_DATA UNDER STUDY_

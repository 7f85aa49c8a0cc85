-- ===== src/Prelude/Order.antt =====
-- Three-way comparisons with their laws, combined the way Python compares tuples and lists.
use Prim.Native.Nat.{compare, Ordering}
use mathlib.Core.Path.{◌≡◌, refl}
use mathlib.Core.Logic.{◌≢◌}
use mathlib.Core.List.{List, [], ◌∷◌}
use mathlib.Core.Bool.{Bool, true, false}
use native.Mathlib.Omega.{arith}

abbrev pub flip : Ordering → Ordering
flip Ordering.lt = Ordering.gt
flip Ordering.eq = Ordering.eq
flip Ordering.gt = Ordering.lt

abbrev pub and_then : Ordering → Ordering → Ordering
and_then Ordering.eq o = o
and_then Ordering.lt o = Ordering.lt
and_then Ordering.gt o = Ordering.gt

abbrev pub is_lt : Ordering → Bool
is_lt Ordering.lt = true
is_lt _ = false

-- A total preorder, given by its comparison.
pub record IsOrder {ℓ} {A : Type ℓ} (cmp : A → A → Ordering) : Type ℓ where
  pub reverse : (a b : A) → cmp b a ≡ flip (cmp a b)
  pub tie : (a b c : A) → cmp a b ≡ Ordering.eq → cmp a c ≡ cmp b c
  pub lt_trans : (a b c : A) → cmp a b ≡ Ordering.lt → cmp b c ≡ Ordering.lt → cmp a c ≡ Ordering.lt

pub compare-IsOrder : IsOrder compare
compare-IsOrder = record {
  reverse = λ a b. ground arith;
  tie = λ a b c h. ground arith;
  lt_trans = λ a b c h k. ground arith;
}

-- Python's order on tuples and lists: the first difference decides, and a proper prefix is less.
unfoldable pub lex {ℓ} : {A : Type ℓ} → (A → A → Ordering) → List A → List A → Ordering
lex cmp [] [] = Ordering.eq
lex cmp [] (y ∷ ys) = Ordering.lt
lex cmp (x ∷ xs) [] = Ordering.gt
lex cmp (x ∷ xs) (y ∷ ys) = and_then (cmp x y) (lex cmp xs ys)

module _ {ℓ} {A : Type ℓ} {cmp : A → A → Ordering} (o : IsOrder cmp) where
  pub self : (a : A) → cmp a a ≡ Ordering.eq
  self a = ground (arith, o.reverse a a)

  pub tie_right : (a b c : A) → cmp b c ≡ Ordering.eq → cmp a b ≡ cmp a c
  tie_right a b c h = ground (arith, o.tie b c a h, o.reverse a b, o.reverse a c)

  -- `not (b < a)` and `not (c < b)` give `not (c < a)`.
  pub not_gt_trans :
      (a b c : A) → cmp b a ≢ Ordering.lt → cmp c b ≢ Ordering.lt → cmp c a ≢ Ordering.lt
  not_gt_trans a b c h k e = ground (
    arith,
    o.reverse a b,
    o.reverse b c,
    o.reverse a c,
    o.tie a b c,
    tie_right a b c,
    o.lt_trans a b c,
  )

  -- One step of the lexicographic order, with the rests compared before.
  step_trans :
      (x y z : A) (p q r : Ordering)
      → (p ≡ Ordering.lt → q ≡ Ordering.lt → r ≡ Ordering.lt)
      → and_then (cmp x y) p ≡ Ordering.lt
      → and_then (cmp y z) q ≡ Ordering.lt
      → and_then (cmp x z) r ≡ Ordering.lt
  step_trans x y z p q r rest h k = ground (arith, o.tie x y z, tie_right x y z, o.lt_trans x y z)

  lex_reverse : (xs ys : List A) → lex cmp ys xs ≡ flip (lex cmp xs ys)
  unfolding lex
  lex_reverse [] [] = refl
  lex_reverse [] (y ∷ ys) = refl
  lex_reverse (x ∷ xs) [] = refl
  lex_reverse (x ∷ xs) (y ∷ ys) = ground (arith, o.reverse x y, lex_reverse xs ys)

  lex_tie : (xs ys zs : List A) → lex cmp xs ys ≡ Ordering.eq → lex cmp xs zs ≡ lex cmp ys zs
  unfolding lex
  lex_tie [] [] zs h = refl
  lex_tie [] (y ∷ ys) zs h = cc
  lex_tie (x ∷ xs) [] zs h = cc
  lex_tie (x ∷ xs) (y ∷ ys) [] h = refl
  lex_tie (x ∷ xs) (y ∷ ys) (z ∷ zs) h = ground (arith, o.tie x y z, lex_tie xs ys zs)

  lex_trans :
      (xs ys zs : List A)
      → lex cmp xs ys ≡ Ordering.lt
      → lex cmp ys zs ≡ Ordering.lt
      → lex cmp xs zs ≡ Ordering.lt
  unfolding lex
  lex_trans [] [] zs h k = cc
  lex_trans [] (y ∷ ys) [] h k = cc
  lex_trans [] (y ∷ ys) (z ∷ zs) h k = refl
  lex_trans (x ∷ xs) [] zs h k = cc
  lex_trans (x ∷ xs) (y ∷ ys) [] h k = cc
  lex_trans (x ∷ xs) (y ∷ ys) (z ∷ zs) h k = step_trans x y z _ _ _ (lex_trans xs ys zs) h k

  pub lex-IsOrder : IsOrder (lex cmp)
  lex-IsOrder = record { reverse = lex_reverse; tie = lex_tie; lt_trans = lex_trans }

-- Sorting by a key.
pub by_key-IsOrder {ℓ κ} :
    {A : Type ℓ} {B : Type κ} {cmp : B → B → Ordering} (o : IsOrder cmp) (key : A → B)
    → IsOrder (λ (a b : A). cmp (key a) (key b))
by_key-IsOrder o key = record {
  reverse = λ a b. o.reverse (key a) (key b);
  tie = λ a b c. o.tie (key a) (key b) (key c);
  lt_trans = λ a b c. o.lt_trans (key a) (key b) (key c);
}

-- Two keys, the first one deciding first.
pub pair-IsOrder {ℓ} :
    {A : Type ℓ} {first second : A → A → Ordering}
    → IsOrder first
    → IsOrder second
    → IsOrder (λ (a b : A). and_then (first a b) (second a b))
pair-IsOrder o p = record {
  reverse = λ a b. ground (arith, o.reverse a b, p.reverse a b);
  tie = λ a b c h. ground (arith, o.tie a b c, p.tie a b c);
  lt_trans = λ a b c h k.
      ground (arith, o.tie a b c, tie_right o a b c, o.lt_trans a b c, p.lt_trans a b c);
}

_AIM OF THE EXERCISE_
Please print each entry once more, exactly as it reads.

_EXERCISE RESULT_
repository 7f85aa49c8a0cc85
-- ===== src/Prelude/Order.antt =====
-- Three-way comparisons with their laws, combined the way Python compares tuples and lists.
use Prim.Native.Nat.{compare, Ordering}
use mathlib.Core.Path.{◌≡◌, refl}
use mathlib.Core.Logic.{◌≢◌}
use mathlib.Core.List.{List, [], ◌∷◌}
use mathlib.Core.Bool.{Bool, true, false}
use native.Mathlib.Omega.{arith}

abbrev pub flip : Ordering → Ordering
flip Ordering.lt = Ordering.gt
flip Ordering.eq = Ordering.eq
flip Ordering.gt = Ordering.lt

abbrev pub and_then : Ordering → Ordering → Ordering
and_then Ordering.eq o = o
and_then Ordering.lt o = Ordering.lt
and_then Ordering.gt o = Ordering.gt

abbrev pub is_lt : Ordering → Bool
is_lt Ordering.lt = true
is_lt _ = false

-- A total preorder, given by its comparison.
pub record IsOrder {ℓ} {A : Type ℓ} (cmp : A → A → Ordering) : Type ℓ where
  pub reverse : (a b : A) → cmp b a ≡ flip (cmp a b)
  pub tie : (a b c : A) → cmp a b ≡ Ordering.eq → cmp a c ≡ cmp b c
  pub lt_trans : (a b c : A) → cmp a b ≡ Ordering.lt → cmp b c ≡ Ordering.lt → cmp a c ≡ Ordering.lt

pub compare-IsOrder : IsOrder compare
compare-IsOrder = record {
  reverse = λ a b. ground arith;
  tie = λ a b c h. ground arith;
  lt_trans = λ a b c h k. ground arith;
}

-- Python's order on tuples and lists: the first difference decides, and a proper prefix is less.
unfoldable pub lex {ℓ} : {A : Type ℓ} → (A → A → Ordering) → List A → List A → Ordering
lex cmp [] [] = Ordering.eq
lex cmp [] (y ∷ ys) = Ordering.lt
lex cmp (x ∷ xs) [] = Ordering.gt
lex cmp (x ∷ xs) (y ∷ ys) = and_then (cmp x y) (lex cmp xs ys)

module _ {ℓ} {A : Type ℓ} {cmp : A → A → Ordering} (o : IsOrder cmp) where
  pub self : (a : A) → cmp a a ≡ Ordering.eq
  self a = ground (arith, o.reverse a a)

  pub tie_right : (a b c : A) → cmp b c ≡ Ordering.eq → cmp a b ≡ cmp a c
  tie_right a b c h = ground (arith, o.tie b c a h, o.reverse a b, o.reverse a c)

  -- `not (b < a)` and `not (c < b)` give `not (c < a)`.
  pub not_gt_trans :
      (a b c : A) → cmp b a ≢ Ordering.lt → cmp c b ≢ Ordering.lt → cmp c a ≢ Ordering.lt
  not_gt_trans a b c h k e = ground (
    arith,
    o.reverse a b,
    o.reverse b c,
    o.reverse a c,
    o.tie a b c,
    tie_right a b c,
    o.lt_trans a b c,
  )

  -- One step of the lexicographic order, with the rests compared before.
  step_trans :
      (x y z : A) (p q r : Ordering)
      → (p ≡ Ordering.lt → q ≡ Ordering.lt → r ≡ Ordering.lt)
      → and_then (cmp x y) p ≡ Ordering.lt
      → and_then (cmp y z) q ≡ Ordering.lt
      → and_then (cmp x z) r ≡ Ordering.lt
  step_trans x y z p q r rest h k = ground (arith, o.tie x y z, tie_right x y z, o.lt_trans x y z)

  lex_reverse : (xs ys : List A) → lex cmp ys xs ≡ flip (lex cmp xs ys)
  unfolding lex
  lex_reverse [] [] = refl
  lex_reverse [] (y ∷ ys) = refl
  lex_reverse (x ∷ xs) [] = refl
  lex_reverse (x ∷ xs) (y ∷ ys) = ground (arith, o.reverse x y, lex_reverse xs ys)

  lex_tie : (xs ys zs : List A) → lex cmp xs ys ≡ Ordering.eq → lex cmp xs zs ≡ lex cmp ys zs
  unfolding lex
  lex_tie [] [] zs h = refl
  lex_tie [] (y ∷ ys) zs h = cc
  lex_tie (x ∷ xs) [] zs h = cc
  lex_tie (x ∷ xs) (y ∷ ys) [] h = refl
  lex_tie (x ∷ xs) (y ∷ ys) (z ∷ zs) h = ground (arith, o.tie x y z, lex_tie xs ys zs)

  lex_trans :
      (xs ys zs : List A)
      → lex cmp xs ys ≡ Ordering.lt
      → lex cmp ys zs ≡ Ordering.lt
      → lex cmp xs zs ≡ Ordering.lt
  unfolding lex
  lex_trans [] [] zs h k = cc
  lex_trans [] (y ∷ ys) [] h k = cc
  lex_trans [] (y ∷ ys) (z ∷ zs) h k = refl
  lex_trans (x ∷ xs) [] zs h k = cc
  lex_trans (x ∷ xs) (y ∷ ys) [] h k = cc
  lex_trans (x ∷ xs) (y ∷ ys) (z ∷ zs) h k = step_trans x y z _ _ _ (lex_trans xs ys zs) h k

  pub lex-IsOrder : IsOrder (lex cmp)
  lex-IsOrder = record { reverse = lex_reverse; tie = lex_tie; lt_trans = lex_trans }

-- Sorting by a key.
pub by_key-IsOrder {ℓ κ} :
    {A : Type ℓ} {B : Type κ} {cmp : B → B → Ordering} (o : IsOrder cmp) (key : A → B)
    → IsOrder (λ (a b : A). cmp (key a) (key b))
by_key-IsOrder o key = record {
  reverse = λ a b. o.reverse (key a) (key b);
  tie = λ a b c. o.tie (key a) (key b) (key c);
  lt_trans = λ a b c. o.lt_trans (key a) (key b) (key c);
}

-- Two keys, the first one deciding first.
pub pair-IsOrder {ℓ} :
    {A : Type ℓ} {first second : A → A → Ordering}
    → IsOrder first
    → IsOrder second
    → IsOrder (λ (a b : A). and_then (first a b) (second a b))
pair-IsOrder o p = record {
  reverse = λ a b. ground (arith, o.reverse a b, p.reverse a b);
  tie = λ a b c h. ground (arith, o.tie a b c, p.tie a b c);
  lt_trans = λ a b c h k.
      ground (arith, o.tie a b c, tie_right o a b c, o.lt_trans a b c, p.lt_trans a b c);
}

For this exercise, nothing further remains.